Seattle Tourism wants locals to “Do Something”
Visit Seattle and the Seattle Southside Regional Tourism Authority (RTA) have announced the launch of a new King County campaign to help accelerate local spending in the tourism industry, which was largely shuttered by COVID-19. The campaign asks that people spend money here in this county before they travel elsewhere. Additionally, it intends to serve historically disadvantaged neighborhoods and promote minority-owned businesses throughout King County.
The campaign targets locals and those in the region who find themselves having that urge to “Do Something!” With months of pandemic-related closures threatening small businesses, King County tourism leaders want to make it clear that now is the time to band together to — safely and responsibly — support the local businesses that make the county unique.
The new campaign focuses on the people of King County, its bakers, chefs, toy shop owners, winemakers, bookstore owners, barbers and local lodging establishments. They are all waiting to provide their services to locals who have been sheltering in place for months. With Visit Seattle’s new “All Clear King County” Safety Pledge, visitors and residents can feel reassured that companies and service providers are taking all of the necessary precautions to keep everyone safe as they travel in their nearby communities.
King County has food and culture, coffee and wine, hiking and kayaking. These experiences are still waiting to be had — and unfortunately the “old normal” isn’t coming back anytime soon. So instead of sitting, stewing and stressing, Visit Seattle and the Seattle Southside RTA want people to do something about it (within their comfort level), to get out and enjoy all the county has to offer in accordance with the guidelines of this “new normal.”
“As the home of the first domestic case of COVID-19, King County was hit hard and fast. Our community shut down more quickly and implemented stricter requirements than most. During this daunting time of recovery, we wanted to create a campaign that gave residents a chance to help — in big ways and small ways,” said Ali Daniels, senior vice president and chief marketing officer of Visit Seattle. “Everyone is navigating this pandemic at their own pace, and this campaign shows you how you can make a difference safely.”
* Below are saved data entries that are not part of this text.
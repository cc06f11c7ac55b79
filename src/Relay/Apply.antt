-- ===== src/Relay/Apply.antt =====
-- internal/relay/apply.go: the operations of the `Applier`, and runs of them.
use singbox_deploy.Common.{none, some, List, [], ◌∷◌, ◌++◌, ok, err, is_empty, not, if◌then◌else◌}
use singbox_deploy.Relay.{Config, forwards_nothing, validate_config}
use singbox_deploy.Relay.Applier.{
  World, Host, ApplyError, empty_config, load_job, save_job, withdraw_firewall, clear_rules,
  install, install_unit, remove_unit,
}

-- `Clear`
unfoldable pub clear_job : Host → World → List ApplyError × World
clear_job host w =
    let load_errors : List ApplyError = elim (load_job host w) [
      | ok previous ↦ []
      | err e ↦ e ∷ []
    ] in
    let withdrawn : World = elim (load_job host w) [
      | ok previous ↦ withdraw_firewall host previous w
      | err e ↦ w
    ] in
    let cleared = clear_rules host withdrawn in
    let removed = remove_unit host cleared.1 in
    let saved = save_job host empty_config removed.1 in
    if not (is_empty cleared.0)
    then (load_errors ++ cleared.0, cleared.1)
    else if not (is_empty removed.0)
    then (load_errors ++ removed.0, removed.1)
    else (load_errors ++ saved.0, saved.1)

-- `Apply` after the tests of the job, with the job that was stored.
unfoldable pub replace_job : Host → Config → Config → World → List ApplyError × World
replace_job host previous cfg w =
    let saved = save_job host cfg w in
    let installed = install host cfg (withdraw_firewall host previous saved.1) in
    if not (is_empty saved.0)
    then saved
    else if not (is_empty installed.0)
    then installed
    else install_unit host installed.1

-- `Apply`
unfoldable pub apply_job : Host → Config → World → List ApplyError × World
apply_job host cfg w =
    if forwards_nothing cfg.landings then clear_job host w else elim (validate_config cfg) [
      | some e ↦ (ApplyError.invalid e ∷ [], w)
      | none ↦ elim (load_job host w) [
        | err e ↦ (e ∷ [], w)
        | ok previous ↦ replace_job host previous cfg w
      ]
    ]

-- `Reapply`, which the unit runs at boot.
unfoldable pub reapply_job : Host → World → List ApplyError × World
reapply_job host w = elim (load_job host w) [
  | err e ↦ (e ∷ [], w)
  | ok cfg ↦
      if forwards_nothing cfg.landings then clear_rules host w else elim (validate_config cfg) [
        | some e ↦ (ApplyError.invalid e ∷ [], w)
        | none ↦ install host cfg w
      ]
]

-- `Suspend`, when the quota is used up.
unfoldable pub suspend_job : Host → World → List ApplyError × World
suspend_job host w = elim (load_job host w) [
  | err e ↦ (e ∷ [], w)
  | ok cfg ↦ if forwards_nothing cfg.landings then ([], w) else clear_rules host w
]

-- `Resume`
unfoldable pub resume_job : Host → World → List ApplyError × World
resume_job host w = elim (load_job host w) [
  | err e ↦ (e ∷ [], w)
  | ok cfg ↦ if forwards_nothing cfg.landings then ([], w) else elim (validate_config cfg) [
    | some e ↦ (ApplyError.invalid e ∷ [], w)
    | none ↦ install host cfg w
  ]
]

pub data Op : Type 0 where
  apply : Config → Op
  reapply suspend resume clear : Op

unfoldable pub run_op : Host → Op → World → List ApplyError × World
run_op host (apply cfg) w = apply_job host cfg w
run_op host reapply w = reapply_job host w
run_op host suspend w = suspend_job host w
run_op host resume w = resume_job host w
run_op host clear w = clear_job host w

-- A run of operations, each in an environment of its own, without regard to their errors.
unfoldable pub run_ops : List (Host × Op) → World → World
run_ops [] w = w
run_ops (step ∷ steps) w = run_ops steps ((run_op step.0 step.1 w).1)
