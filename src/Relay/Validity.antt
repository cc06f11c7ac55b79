-- ===== src/Relay/Validity.antt =====
-- What `Validate` accepts, stated without the code.
use singbox_deploy.Common.{
  Text, codes, text_eq, ◌==◌, text_beq_iff, none, List, [], ◌∷◌, ◌++◌, map, ◌≡◌, ◌≢◌, ◌↔◌, ◌⊎◌,
  refl, inl, inr, arith, find?, not-contains_iff, is_empty_iff, trim_space, All, AllPairs, AllNew,
  AllNew-append, AllNew-of_none, gather, ok, Result-cases, Option-cases, IsPort, IsPort-iff,
}
use singbox_deploy.Relay.{
  Forward, Landing, Config, socket, display_name, check_socket, claim_sockets, check_landing,
  check_landings, validate_config,
}

-- A mapping by itself: a known transport, and both ports in range.
abbrev pub IsMapping : Forward → Type 0
IsMapping f =
    ((f.network ≡ codes "tcp") ⊎ (f.network ≡ codes "udp"))
    × IsPort f.listen_port
    × IsPort f.target_port

-- A landing node by itself: named, reachable, and with a mapping at least.
abbrev pub IsLanding : Landing → Type 0
IsLanding l =
    (trim_space l.node_id ≢ [])
    × (trim_space l.host ≢ [])
    × (l.forwards ≢ [])
    × All IsMapping l.forwards

-- The sockets of all landing nodes, in order.
abbrev pub sockets : List Landing → List Text
sockets [] = []
sockets (l ∷ ls) = map socket l.forwards ++ sockets ls

abbrev pub ids : List Landing → List Text
ids = map (λ (l : Landing). l.node_id)

pub record IsConfig (cfg : Config) : Type 0 where
  pub landings : All IsLanding cfg.landings
  pub distinct : AllPairs (λ a b. a ≢ b) (ids cfg.landings)
  pub apart : AllPairs (λ a b. a ≢ b) (sockets cfg.landings)

abbrev keys : List (Text × Text) → List Text
keys = map (λ (e : Text × Text). e.0)

unowned_iff :
    (key : Text) (claimed : List (Text × Text))
    → (find? (λ (e : Text × Text). e.0 == key) claimed ≡ none) ↔ All (λ k. k ≢ key) (keys claimed)
unfolding find?
unowned_iff key [] = (λ h. tt, λ h. refl)
unowned_iff key (e ∷ es) = ground (arith, text_beq_iff (e.0) key, unowned_iff key es)

check_socket_iff :
    (name : Text) (claimed : List (Text × Text)) (f : Forward)
    → (check_socket name claimed f ≡ none) ↔ (IsMapping f × All (λ k. k ≢ socket f) (keys claimed))
unfolding check_socket
check_socket_iff name claimed f =
    elim (Option-cases (find? (λ (e : Text × Text). e.0 == socket f) claimed)) [
      | inl free ↦ ground (
        arith,
        text_beq_iff f.network (codes "tcp"),
        text_beq_iff f.network (codes "udp"),
        IsPort-iff f.listen_port,
        IsPort-iff f.target_port,
        unowned_iff (socket f) claimed,
      )
      | inr (owner, owned) ↦ ground (arith, unowned_iff (socket f) claimed)
    ]

-- What is claimed after the loop over the forwards.
abbrev claims_after : Text → List (Text × Text) → List Forward → List (Text × Text)
claims_after name claimed [] = claimed
claims_after name claimed (f ∷ fs) = claims_after name ((socket f, name) ∷ claimed) fs

keys-claims_after :
    (name : Text) (claimed : List (Text × Text)) (fs : List Forward)
    → keys (claims_after name claimed fs) ≡ gather (keys claimed) (map socket fs)
keys-claims_after name claimed [] = refl
keys-claims_after name claimed (f ∷ fs) = keys-claims_after name ((socket f, name) ∷ claimed) fs

claim_sockets_iff :
    (name : Text) (claimed : List (Text × Text)) (fs : List Forward) (after : List (Text × Text))
    → (claim_sockets name claimed fs ≡ ok after) ↔ (
        All IsMapping fs
        × AllNew (keys claimed) (map socket fs)
        × (claims_after name claimed fs ≡ after))
unfolding claim_sockets
claim_sockets_iff name claimed [] after = (λ h. (tt, tt, ground arith), λ h. ground arith)
claim_sockets_iff name claimed (f ∷ fs) after = ground (
  arith,
  check_socket_iff name claimed f,
  claim_sockets_iff name ((socket f, name) ∷ claimed) fs after,
)

check_landing_iff :
    (seen : List Text) (l : Landing)
    → (check_landing seen l ≡ none) ↔ (
        (trim_space l.node_id ≢ [])
        × All (λ i. i ≢ l.node_id) seen
        × (trim_space l.host ≢ [])
        × (l.forwards ≢ []))
unfolding check_landing
check_landing_iff seen l = ground (
  arith,
  is_empty_iff (trim_space l.node_id),
  not-contains_iff seen l.node_id,
  is_empty_iff (trim_space l.host),
  is_empty_iff l.forwards,
)

check_landings_iff :
    (claimed : List (Text × Text)) (seen : List Text) (ls : List Landing)
    → (check_landings claimed seen ls ≡ none)
      ↔ (All IsLanding ls × AllNew seen (ids ls) × AllNew (keys claimed) (sockets ls))
unfolding check_landings
check_landings_iff claimed seen [] = (λ h. (tt, tt, tt), λ h. refl)
check_landings_iff claimed seen (l ∷ ls) =
    let after = claims_after (display_name l) claimed l.forwards in
    let own = check_landing_iff seen l in
    let loop = claim_sockets_iff (display_name l) claimed l.forwards in
    let rest = check_landings_iff after (l.node_id ∷ seen) ls in
    let parts = AllNew-append (keys claimed) (map socket l.forwards) (sockets ls) in
    let same = keys-claims_after (display_name l) claimed l.forwards in
    let rest' = rw same at rest in
    elim (Result-cases (claim_sockets (display_name l) claimed l.forwards)) [
      | inl (c, e) ↦
          let h = (loop c).0 e in
          let rest'' = rw h.2 at rest' in ground (arith, own, e, h.0, h.1, rest'', parts)
      | inr (x, e) ↦
          ground (arith, own, e, loop (claims_after (display_name l) claimed l.forwards), parts)
    ]

-- `Validate` accepts a job exactly when every landing node has an ID, a hostname and a mapping, no
-- ID is there twice, every mapping is of tcp or udp with both ports in range, and no two mappings
-- of the whole job listen on the same transport and port.
pub validate_config_iff : (cfg : Config) → (validate_config cfg ≡ none) ↔ IsConfig cfg
unfolding validate_config
validate_config_iff cfg =
    let loop = check_landings_iff [] [] cfg.landings in
    (
      λ h.
          let r = loop.0 h in
          record {
            landings = r.0;
            distinct = (AllNew-of_none (ids cfg.landings)).0 r.1;
            apart = (AllNew-of_none (sockets cfg.landings)).0 r.2;
          },
      λ v. loop.1 (
        v.landings,
        (AllNew-of_none (ids cfg.landings)).1 v.distinct,
        (AllNew-of_none (sockets cfg.landings)).1 v.apart,
      ),
    )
“Businesses have had to make heart-wrenching decisions on how to cut costs to stay afloat, and many small businesses may not have the means to market or promote themselves,” said Katherine Kertzman, president and CEO of the Seattle Southside RTA. “We’re proud to partner with Visit Seattle on a new campaign that gives these businesses a promotional boost. This campaign encourages King County residents and visitors to support local businesses and ‘Do Something’ at their own comfort level and pace. We’re very excited about this collaborative campaign, and we are optimistic that locals and visitors alike will come together to support businesses countywide.”
While the full economic impact of COVID-19 on King County is not yet known, the data points below provide confirmation of the devastating impact the pandemic has had on tourism and hospitality in this region:
- In 2019, the tourism industry generated $11.7 billion in total economic impact, along with 80,317 jobs. Visitors also paid $837.5 million in state and local taxes, which offset the annual household tax burden for local residents by $1,425.
- While regional hotel occupancies have shown consistent growth in recent weeks, occupancy is down significantly in comparison to prior years. For the week of Sept. 20-26, for example, the Seattle metro market had 38.5% occupancy (compared to 91.7% last year).
- The 2019 cruise season in Seattle generated $893.6 million and provided more than 5,500 local jobs. The 2020 season was canceled entirely.
- According to Tourism Economics, despite only accounting for 11% of employment in the US, the leisure and hospitality sector constitutes more than 40% of the country’s excess unemployment, with nearly 16.9 million jobs lost.
- As of today, 54 national citywide conventions previously booked at the Washington State Convention Center have cancelled, resulting in a loss of $379 million in economic impact.